The table shown below indicates the values if t, the values of y(t) and for each interval the values of `dt, `dy and average rate = `dy / `dt:
t | y(t) = 7 * 2^-t | `dt | `dy | ave rate = `dy / `dt |
0 | 7 | |||
0.2 | 6.093853943 | 0.2 | -0.906146057 | -4.530730285 |
0.4 | 5.305007983 | 0.2 | -0.78884596 | -3.944229801 |
0.6 | 4.618277688 | 0.2 | -0.686730295 | -3.433651475 |
On the first three intervals you calculated above, do the rates of change change by the same amount as you go from one interval to the next?
Between the first and second interval the rate of change goes from -4.53 to -3.94, which is a difference of +.59.
Between the second and third interval the rate of change goes from -3.94 to -3.43, which is a difference of +.51.
These changes in rate are not the same.
As we've seen in previous classes, the rate of change changes by a constant amount of equal intervals if and only if the function is quadratic.
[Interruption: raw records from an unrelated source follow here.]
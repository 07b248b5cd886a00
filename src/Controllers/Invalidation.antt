-- ===== src/Controllers/Invalidation.antt =====
-- controllers/: what the writing handlers have in common: a query on the database, then `erasePrefix`,
-- then the response, or what the handlers of its exceptions answer.
use text.Mathlib.TextLemmas.{append_assoc}
use drogon_api_starter.Prelude.{◌≡◌, refl, sym, ap, ◌∙◌, String, true, false, none, ltb}
use drogon_api_starter.Prelude.Dict.{is_some}
use drogon_api_starter.Text.{◌++◌, strip_prefix, strip_prefix-append}
use drogon_api_starter.Text.Number.{to_string}
use drogon_api_starter.Result.{Exception, invalid_argument, std_exception, foreign, Result, ok, err}
use drogon_api_starter.Action.{
  Action, done, continue, handled, on_invalid_argument, on_std_exception, ok-injective, err-ne-ok,
  ◌>>=◌,
}
use drogon_api_starter.Cache.{get, erase_prefix}
use drogon_api_starter.Cache.Pattern.{is_plain}
use drogon_api_starter.Cache.Store.{Store, begins, get-erase_prefix}
use drogon_api_starter.Pagination.{PageRequest, cache_key}
use drogon_api_starter.Platform.{Platform, World, on_redis}
use drogon_api_starter.Controllers.Base.{Response}

-- The key of every page of a resource begins with the resource and a colon.
pub begins-cache_key :
    (request : PageRequest)
    → (begins "users:" (cache_key request "users") ≡ true)
      × (begins "roles:" (cache_key request "roles") ≡ true)
unfolding cache_key
begins-cache_key request =
    let rest = to_string request.page ++ (":size=" ++ to_string request.page_size) in
    (
      ap is_some (
          ap (strip_prefix "users:")
            (sym (append_assoc "users" ":page=" rest) ∙ append_assoc "users:" "page=" rest)
          ∙ strip_prefix-append "users:" ("page=" ++ rest)),
      ap is_some (
          ap (strip_prefix "roles:")
            (sym (append_assoc "roles" ":page=" rest) ∙ append_assoc "roles:" "page=" rest)
          ∙ strip_prefix-append "roles:" ("page=" ++ rest)),
    )

module _ (P : Platform) (store : Store P.redis) (prefix : String)
    (plain : is_plain prefix ≡ true) where
  abbrev Answer : Type 0
  Answer = Response P.json.Value

  abbrev erased : Answer → Action (World P) Answer
  erased answer = on_redis (erase_prefix P.redis true prefix) >>= λ _. done answer

  -- After it, the cache has nothing for a key that begins with the prefix.
  pub erased-get :
      (answer : Answer) (w : World P) (key : String)
      → begins prefix key ≡ true
      → (left : P.redis.Redis) × (erased answer w ≡ (ok answer, record w { redis = left }))
        × (get P.redis true key left ≡ (ok none, left))
  erased-get answer w key begin =
      let (left, erase, gone) = get-erase_prefix P.redis store prefix key w.redis plain in
      (left, rw erase refl, gone ∙ rw begin refl)

  pub erased-answers :
      (answer r : Answer) (w w' : World P) (key : String)
      (handlers : Exception → Action (World P) Answer)
      → handled handlers (erased answer w) ≡ (ok r, w')
      → begins prefix key ≡ true
      → get P.redis true key w'.redis ≡ (ok none, w'.redis)
  erased-answers answer r w w' key handlers h begin =
      let (left, done_with, gone) = erased-get answer w key begin in
      let (_, world) = ok-injective (ap (handled handlers) (sym done_with) ∙ h) in
      rw (sym world) gone

  pub invalidated :
      {A : Type 0} (m : Result A × World P) (answer : A → Answer) (bad other r : Answer)
      (w' : World P) (key : String)
      → ltb bad.status 300 ≡ false
      → ltb other.status 300 ≡ false
      → handled
          (on_invalid_argument (λ _. done bad) (on_std_exception (done other)))
          (continue (λ a. erased (answer a)) m)
        ≡ (ok r, w')
      → ltb r.status 300 ≡ true
      → begins prefix key ≡ true
      → get P.redis true key w'.redis ≡ (ok none, w'.redis)
  invalidated (ok a, w) answer bad other r w' key h₁ h₂ h status begin =
      erased-answers (answer a) r w w' key _ h begin
  invalidated (err (invalid_argument what), w) answer bad other r w' key h₁ h₂ h status begin =
      let (same, _) = ok-injective h in
      let clash = sym h₁ ∙ ap (λ a. ltb a.status 300) same ∙ status in cc
  invalidated (err (std_exception what), w) answer bad other r w' key h₁ h₂ h status begin =
      let (same, _) = ok-injective h in
      let clash = sym h₂ ∙ ap (λ a. ltb a.status 300) same ∙ status in cc
  invalidated (err foreign, w) answer bad other r w' key h₁ h₂ h status begin =
      elim (err-ne-ok h) [ ]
This function is exponential, not quadratic.
For the same function find the expression for the average rate of change on the interval from t to t + `dt.
Average rate of change = change in y / change in t = ( y(t+`dt) - y(t) ) / `dt.
Since y(t) = 7 * 2^-t so
and the average rate becomes
change in y / change in t =
( y(t+`dt) - y(t) ) / `dt =
( 7 * 2^-(t+`dt) - 7 * 2^-t) / `dt
If y(t) represents the temperature of an object at clock time t, then what do the slopes of the graph represent?
The slope is rise / run.
What do rise and run represent?
So what does slope represent?
change in temperature / change in clock time =
average rate of change of temperature with respect to clock time.
What is an expression for the slope between the points (1, 3) and (7, 5)?
slope = rise / run. Rise is change in y coordinate, run is change in x coordinate. So rise = 5 - 3 = 2 and run = 7 - 1 = 6. Thus
slope = rise / run = 2 / 6 = 1/3.
What is an expression for the slope between the points (1, 3) and (x, y)?
The rise from (1, 3) to (x, y) is y - 3.
The run from (1, 3) to (x, y) is x - 1.
So the slope is
slope = rise / run = (y-3) / (x-1).
What equation expresses the claim that the slope between the points (1, 3) and (7, 5) is equal to the slope between the points (1, 3) and (x, y)?
The slope between (1, 3) and (7, 5) is
(5-3) / (7-1).
The slope between (1, 3) and (x, y) is (y-3) / (x-1).
The two are equal if
(5-3) / (7-1)= (y-3) / (x-1).
We note that the two slopes are equal if and only if (x,y) lies on the line defined by the two points (1, 3) and (5, 7).
What do you get when you solve this equation for y?
To solve (5-3) / (7-1)= (y-3) / (x-1) for y:
multiply both sides by (x-1) and then add 3 to both sides to get
y = 1/3 (x-1) + 3.
Expand and simplify to get
y = 1/3 x + 8/3.
This equation holds if and only if (x,y) lies on the line defined by the two points (1, 3) and (5, 7).
This is therefore called the equation of the straight line through the two given points.